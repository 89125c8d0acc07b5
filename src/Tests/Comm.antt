-- ===== src/Tests/Comm.antt =====
-- The communication controller at concrete inputs.
use myblockchain.Prelude.{
  String, map, All, ℕ, ◌≡◌, ◌≢◌, refl, sym, ap, List, [], ◌∷◌, ◌++◌, Option, none, some, arith,
  length, ltb, if◌then◌else◌,
}
use myblockchain.Transaction.{mock_transaction_of, set_epoch}
use myblockchain.Transaction.Wrapper.{Heap, TransactionWrapper, push_transaction}
use myblockchain.Comm.{
  after_transfer, top_after, CommController, comm_controller, Run, done, Arrivals, get_transaction,
  clear_transaction_for_epoch, comes_after, other_epoch, ◌>>=◌, transfer_transaction, waits_in_vain,
  push_all, push, take_loop, refill,
}
use myblockchain.Comm.Supply.{Outcome, supply}
use myblockchain.Comm.Give.{Given}
use myblockchain.Comm.Null.{Later, get_transaction-null}
use myblockchain.Comm.Waiting.{get_transaction-returns}
use myblockchain.Comm.Clear.{of_epoch, clear_transaction_for_epoch_lem}
use myblockchain.Comm.Receive.{
  CommLibrary, ProxyBroadcast, Shared, empty_broadcast, receive_from_local_server,
  receive_from_other_server,
}
use myblockchain.Comm.Receive.Agreement.{
  named, before_batch, receive_from_other_server-receive_from_local_server,
}
use myblockchain.Comm.Collector.{
  Collected, run_round, before_round, receive_from_local_server-run_round,
}
use myblockchain.Epochs.{EpochResponse, serve, epoch_server}
use myblockchain.Epochs.Batches.{collected}
use myblockchain.Tests.Wire.{tokens, zeros, constant_hash}
use myblockchain.Tests.Epochs.{plain_helper, plain_sha, small-Fits}

-- Transactions of the epochs 4 and 5, with their addresses for ids.
abbrev comm_heap : Heap
comm_heap t = mock_transaction_of (if ltb t 10 then 4 else 5) t

abbrev small_controller : CommController
small_controller = record (comm_controller 3) {
  broadcast_transactions = 5 ∷ [];
  processed_transaction = 3 ∷ 11 ∷ [];
  callbacks = 0 ∷ 1 ∷ [];
  transaction_map = λ e. if ltb e 5 then 1 ∷ 12 ∷ 2 ∷ [] else [];
}

abbrev small_arrivals : Arrivals
small_arrivals = (2 ∷ 12 ∷ []) ∷ (8 ∷ []) ∷ (9 ∷ []) ∷ (13 ∷ []) ∷ []

-- All of the epoch 4 has been given out.
abbrev late_controller : CommController
late_controller = record small_controller { processed_transaction = 11 ∷ 12 ∷ [] }

abbrev next_controller : CommController
next_controller = record small_controller { epoch = 5 }

-- All of these are of the epochs 4 and 5.
get_transaction-null_example :
    Outcome
      (λ (r : Option TransactionWrapper × CommController × Arrivals).
        r.0 ≡ none
        → All (Later comm_heap 4) r.1.processed_transaction
          × ((t : ℕ) → supply t r.1 r.2 ≡ supply t late_controller small_arrivals))
      (get_transaction comm_heap 4 2 1 late_controller small_arrivals)
unfolding comes_after
get_transaction-null_example =
    get_transaction-null comm_heap 4 2 1 late_controller small_arrivals (omega arith)
      ((refl, tt), (tt, tt)) (omega arith) (omega arith, (omega arith, tt)) (omega arith, tt)
      (omega arith, (omega arith, (omega arith, (omega arith, (omega arith, tt)))))

get_transaction-returns_example :
    (r : Option TransactionWrapper × CommController × Arrivals) × (get_transaction comm_heap 4 2 1
        small_controller small_arrivals
      ≡ done r)
    × Given comm_heap 4 2 small_controller small_arrivals r
unfolding comes_after
get_transaction-returns_example =
    get_transaction-returns comm_heap 4 2 1 small_controller small_arrivals (omega arith)
      ((refl, tt), (tt, tt)) (omega arith) (omega arith) (omega arith)
      ((omega arith, omega arith), ((omega arith, omega arith), tt))
      ((omega arith, omega arith), tt)
      ((omega arith, omega arith), ((omega arith, omega arith), tt))
      (omega arith, ((2, 12 ∷ [], refl), ((8, [], refl), ((9, [], refl), ((13, [], refl), tt)))))

abbrev batch_of : Run (Option TransactionWrapper × CommController × Arrivals) → List ℕ
batch_of (done (some w, s, arrivals)) = w.transaction_list
batch_of _ = []

-- The batch has the two smallest ids of the epoch, though one of them came in during the call.
batch_test : batch_of (get_transaction comm_heap 4 2 1 small_controller small_arrivals) ≡ 2 ∷ 3 ∷ []
unfolding get_transaction after_transfer top_after other_epoch ◌>>=◌ transfer_transaction
    waits_in_vain push_all push comes_after take_loop push_transaction refill
batch_test = refl

clear_transaction_for_epoch_lem_example :
    (s1 : CommController) × (clear_transaction_for_epoch comm_heap 4 next_controller
      ≡ some (1 ∷ 2 ∷ [], s1))
    × (s1.transaction_map 4 ≡ [])
    × ((k : ℕ)
        → k ≢ 4
        → s1.transaction_map k
          ≡ next_controller.transaction_map k ++ of_epoch comm_heap k (1 ∷ 12 ∷ 2 ∷ []))
clear_transaction_for_epoch_lem_example =
    clear_transaction_for_epoch_lem comm_heap 4 next_controller (omega arith)

abbrev small_library : CommLibrary
small_library = record {
  ResponseRaw = String;
  parse_response = λ text. record {
    request = record { batch_hash = "hash"; request_batch_size = 2 };
    epoch = 4;
    nonce = 2;
    signature = "signature";
  };
  first_word = λ text. 7;
}

abbrev other_server : Shared plain_helper plain_sha tokens constant_hash small_library
other_server = record {
  epoch = 4;
  pending_transactions = [];
  pending_transactions_proof = [];
  broadcast_transactions = [];
  context = "rest" ∷ [];
}

receive_from_other_server-receive_from_local_server_example :
    (message : ProxyBroadcast plain_helper plain_sha tokens constant_hash small_library) × (a1
      b1 : Shared plain_helper plain_sha tokens constant_hash small_library)
    × (receive_from_local_server plain_helper plain_sha tokens constant_hash small_library
          (empty_broadcast plain_helper plain_sha tokens constant_hash small_library)
          (before_batch plain_helper plain_sha tokens constant_hash small_library 4 "proof"
            (mock_transaction_of 4 0 ∷ mock_transaction_of 4 1 ∷ [])
            []
            []
            []
            [])
        ≡ done ([], message, a1))
    × (receive_from_other_server plain_helper plain_sha tokens constant_hash small_library
          (record message { epoch = 4 })
          other_server
        ≡ done b1)
    × (a1.broadcast_transactions ≡ mock_transaction_of 4 7 ∷ mock_transaction_of 4 7 ∷ [])
    × (b1.broadcast_transactions ≡ mock_transaction_of 4 7 ∷ mock_transaction_of 4 7 ∷ [])
    × (b1.epoch ≡ 5)
receive_from_other_server-receive_from_local_server_example =
    receive_from_other_server-receive_from_local_server plain_helper plain_sha tokens constant_hash
      small_library 4 "proof" (mock_transaction_of 4 0 ∷ mock_transaction_of 4 1 ∷ []) [] [] [] []
      other_server refl refl refl (λ raw. (zeros 32, refl))
      (λ raw h e. ap (λ o. elim o [ none ↦ 32 | some x ↦ length x ]) (sym e))
      (
        record { of_epoch = refl; fits = small-Fits _ (omega arith) (omega arith); new = refl },
        (
          record { of_epoch = refl; fits = small-Fits _ (omega arith) (omega arith); new = refl },
          tt,
        ),
      )

-- The responses as they are.
abbrev plain_library : CommLibrary
plain_library = record {
  ResponseRaw = EpochResponse;
  parse_response = λ response. response;
  first_word = λ text. 7;
}

abbrev plain_server : Shared plain_helper plain_sha tokens constant_hash plain_library
plain_server = record {
  epoch = 1;
  pending_transactions = [];
  pending_transactions_proof = [];
  broadcast_transactions = [];
  context = [];
}

receive_from_local_server-run_round_example :
    let ts =
      map
        (named plain_helper plain_sha tokens constant_hash plain_library)
        (map (set_epoch 1) (collected plain_helper ("one" ∷ "three" ∷ []))) in
    (r : Collected plain_helper plain_sha tokens constant_hash plain_library)
    × (message : ProxyBroadcast plain_helper plain_sha tokens constant_hash plain_library) × (a1
        b1 : Shared plain_helper plain_sha tokens constant_hash plain_library)
    × (run_round plain_helper plain_sha tokens constant_hash plain_library
          (λ q. (serve plain_helper 5 7 q (epoch_server 5)).0)
          (before_round plain_helper plain_sha tokens constant_hash plain_library
            ("one" ∷ "three" ∷ [])
            []
            1
            []
            []
            (λ e. 9))
        ≡ done r)
    × (receive_from_local_server plain_helper plain_sha tokens constant_hash plain_library
          (empty_broadcast plain_helper plain_sha tokens constant_hash plain_library)
          r.shared
        ≡ done ([], message, a1))
    × (receive_from_other_server plain_helper plain_sha tokens constant_hash plain_library
          (record message { epoch = 1 })
          plain_server
        ≡ done b1)
    × (a1.broadcast_transactions ≡ ts)
    × (b1.broadcast_transactions ≡ ts)
receive_from_local_server-run_round_example =
    receive_from_local_server-run_round plain_helper plain_sha tokens constant_hash plain_library
      "one" ("three" ∷ []) [] [] [] (λ e. 9) 5 7 (epoch_server 5) (λ response. response)
      plain_server (λ response. refl) (omega arith) (refl, (refl, tt))
      (small-Fits _ (omega arith) (omega arith), (small-Fits _ (omega arith) (omega arith), tt))
      refl (λ raw. (zeros 32, refl))
      (λ raw h e. ap (λ o. elim o [ none ↦ 32 | some x ↦ length x ]) (sym e))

### PROBLEM DESCRIPTION
Say how many lines of the entries above include the string "some", giving the number and nothing else.

### ANSWER FOR THIS EXERCISE
5